Le paradoxe des antioxydants
Parce que les vitamines C et E ont des atouts considérables, les chercheurs ont essayé d’inonder l’organisme avec des doses vingt à cinquante fois plus élevées que les apports naturels sans résultats physiologiques significatifs. Cela montre à quel point l’organisme possède des systèmes de régulations complexes (et il est sans doute heureux que l’homme ne puisse pas disposer de leviers puissants pour contrôler ses propres processus de vieillissement). Néanmoins, le rôle de la vitamine E est loin d’être négligeable puisqu’elle est indispensable à une bonne fertilité et qu’elle joue un rôle fondamental pour le maintien de l’intégrité des membranes cellulaires. Cette vitamine E est absorbée et transportée avec les lipides et elle protège ainsi les structures riches en lipides de l’organisme et donc le cerveau ou les lipoprotéines circulantes. Cependant, il ne suffit pas d’administrer des doses élevées de vitamine E pour prévenir sûrement les pathologies cardio-vasculaires ou neurodégénératives. C’est bien là le paradoxe des antioxydants qui concerne également les effets de la vitamine C.
L’acide ascorbique est essentiel à la neutralisation des radicaux libres dans les milieux intracellulaires et il aide ainsi à la régénération des antioxydants liposolubles. Lorsque l’on absorbe, à trop forte dose, de la vitamine C en comprimés, l’absorption intestinale est vite saturée, et les reins accélèrent son élimination.

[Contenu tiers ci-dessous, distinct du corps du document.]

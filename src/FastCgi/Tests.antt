-- ===== src/FastCgi/Tests.antt =====
-- Requests through Cutelyst/Server/protocolfastcgi.cpp.
use cutelyst.Common.{
  Bytes, List, [], ◌∷◌, ◌++◌, true, false, none, some, codes, length, All, ◌≡◌, refl, arith,
}
use cutelyst.Common.Int.{pos, negsuc}
use cutelyst.Http.Requests.{ProtoRequest, not_set}
use cutelyst.Http.Parse.{method_line}
use cutelyst.FastCgi.Params.{Readers, Params, parsed, parse_headers}
use cutelyst.FastCgi.Params.RoundTrip.{encode_pairs, note_pairs, IsPair, parse_headers-encode_pairs}
use cutelyst.FastCgi.Params.Laws.{IsKey}
use cutelyst.FastCgi.Packets.{processed, Connection, Server, finished}
use cutelyst.FastCgi.Packets.Laws.{Record, params, input, IsRecord, TakesBodies}
use cutelyst.FastCgi.Packets.Whole.{request_text, effects, begun}
use cutelyst.FastCgi.Packets.Padding.{cut_text}
use cutelyst.FastCgi.Parse.{emit, answered, broken, parse}
use cutelyst.FastCgi.Parse.Laws.{waiting, settled, parse-request, parse-broken}
use cutelyst.FastCgi.Records.{Takes, wrote, do_write}
use cutelyst.FastCgi.Records.Laws.{read_stdout, do_write-reads_back}

abbrev same_bytes : Bytes → Bytes
same_bytes s = s

abbrev some_readers : Readers
some_readers = record {
  from_utf8 = same_bytes;
  to_uint = λ s. length s;
  to_int = λ s. pos (length s);
}

abbrev no_request : ProtoRequest
no_request = record {
  method = [];
  path = [];
  query = [];
  protocol = [];
  headers = [];
  content_length = negsuc 0;
  header_connection = not_set;
  header_host = false;
  server_address = [];
  remote_address = [];
  remote_port = 0;
  x_forwarded_for = false;
  x_forwarded_host = false;
  x_forwarded_proto = false;
  is_secure = false;
}

abbrev a_server : Server
a_server = record {
  qt = some_readers;
  buffer_size = 4096;
  post_buffer_size = 4096;
  can_create_body = λ n. true;
  body_takes = λ body n. n;
  read_fails = λ events. false;
  answer = λ r body. finished true;
}

abbrev a_connection : Connection
a_connection = record {
  io = [];
  is_open = true;
  buffer = [];
  behind = [];
  pad = 0;
  pktsize = 0;
  stream_id = 0;
  conn_state = method_line;
  request = no_request;
  body = none;
  async = false;
  events = [];
}

abbrev some_pairs : List (Bytes × Bytes)
some_pairs =
    (codes "REQUEST_METHOD", codes "POST")
    ∷ (codes "REQUEST_URI", codes "/a?b")
    ∷ (codes "HTTP_HOST", codes "localhost")
    ∷ []

method-IsKey : IsKey (codes "REQUEST_METHOD")
method-IsKey = ((refl, (refl, (refl, (refl, (refl, (refl, (refl, (refl, tt)))))))), refl)

uri-IsKey : IsKey (codes "REQUEST_URI")
uri-IsKey = ((refl, (refl, (refl, (refl, (refl, (refl, (refl, (refl, tt)))))))), refl)

host-IsKey : IsKey (codes "HTTP_HOST")
host-IsKey = ((refl, (refl, (refl, (refl, (refl, (refl, (refl, (refl, tt)))))))), refl)

pairs-IsPair : All IsPair some_pairs
pairs-IsPair =
    ((method-IsKey, omega arith), ((uri-IsKey, omega arith), ((host-IsKey, omega arith), tt)))

abbrev no_params : Params
no_params = record { head = no_request; pktsize = 0 }

parse_headers-encode_pairs_example :
    parse_headers some_readers 4096 (encode_pairs some_pairs []) 57 no_params
    ≡ parsed (note_pairs some_readers some_pairs no_params)
parse_headers-encode_pairs_example =
    parse_headers-encode_pairs some_readers 4096 some_pairs [] no_params pairs-IsPair (omega arith)
      (omega arith) (omega arith)

abbrev some_records : List Record
some_records = params some_pairs 3 ∷ params [] 0 ∷ input (codes "a=") 6 ∷ input (codes "b") 0 ∷ []

records-IsRecord : All IsRecord some_records
records-IsRecord = (
  (pairs-IsPair, omega arith),
  ((tt, omega arith), ((omega arith, omega arith), ((omega arith, omega arith), tt))),
)

bodies-TakesBodies : TakesBodies a_server
bodies-TakesBodies = ((λ n. refl), (λ body n. refl))

parse-request_example :
    let r = effects a_server some_records (begun 1 true (waiting [] a_connection)) in
    (behind : Bytes) × (parse a_server
        (waiting (request_text 1 true some_records 2 []) a_connection)
      ≡ settled (
          answered
            (finished true)
            (emit (processed r.request r.body) (record r { buffer = []; behind = behind }))))
parse-request_example =
    parse-request a_server a_connection 1 true some_records 2 refl (omega arith) records-IsRecord
      bodies-TakesBodies (omega arith) (omega arith) (omega arith)

parse-broken_example :
    parse a_server (waiting (cut_text 1 (codes "a=b") 5 (0 ∷ 0 ∷ [])) a_connection) ≡ broken
parse-broken_example =
    parse-broken a_server a_connection 1 (codes "a=b") 5 (0 ∷ 0 ∷ []) refl bodies-TakesBodies
      (omega arith) (omega arith) (omega arith) (omega arith)

abbrev takes_all : Takes
takes_all out bytes = some (length bytes)

do_write-reads_back_example :
    (text : Bytes) × (do_write takes_all 1 (codes "Status: 200") [] ≡ wrote ([] ++ text) 11)
    × (read_stdout 12 1 text ≡ some (codes "Status: 200"))
do_write-reads_back_example =
    do_write-reads_back takes_all 1 (codes "Status: 200") [] (λ out bytes. refl) (omega arith)
      (omega arith)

Ayant conservé l’équipement génétique de notre ancien statut de chasseurs-cueilleurs, nous avons un besoin très élevé de vitamine C (de plus de 100 mg par jour), que seule une consommation généreuse de fruits et légumes peut satisfaire. La diversité des effets biologiques de la vitamine C est considérable. Elle participe à la synthèse du collagène et à la production de neurotransmetteurs, elle exerce aussi un rôle favorable sur l’ossification, améliore la digestibilité du fer d’origine végétale, stimule le métabolisme énergétique et facilite l’élimination du cholestérol. Ses divers effets métaboliques, son pouvoir antioxydant lui confèrent une activité protectrice primordiale au niveau cardio-vasculaire. Son effet protecteur vis-à-vis du cancer provient non seulement de son pouvoir antioxydant, mais aussi de sa capacité – qu’elle partage avec les polyphénols de divers fruits et légumes – à inhiber la formation endogène de nitrosamines (à partir des nitrates et des nitrites), l’un des agents cancérigènes les plus puissants de l’estomac.
Bien que la vitamine C naturelle ou de synthèse ait, à dose identique, sensiblement les mêmes biodisponibilités, la vitamine C ajoutée dans certains aliments stérilisés tels que le lait contribue à la formation de produits indésirables par réaction avec divers constituants. Les enfants et les adolescents ont tendance à délaisser les fruits et légumes frais, et la tentation est donc grande de leur proposer des aliments enrichis comme les jus de fruits industriels, les céréales de petit déjeuner ou encore les produits laitiers, ce qui ne leur apportera pas les mêmes bienfaits que la vitamine C naturelle consommée avec les fruits et les légumes frais, et associée à d’autres micronutriments protecteurs.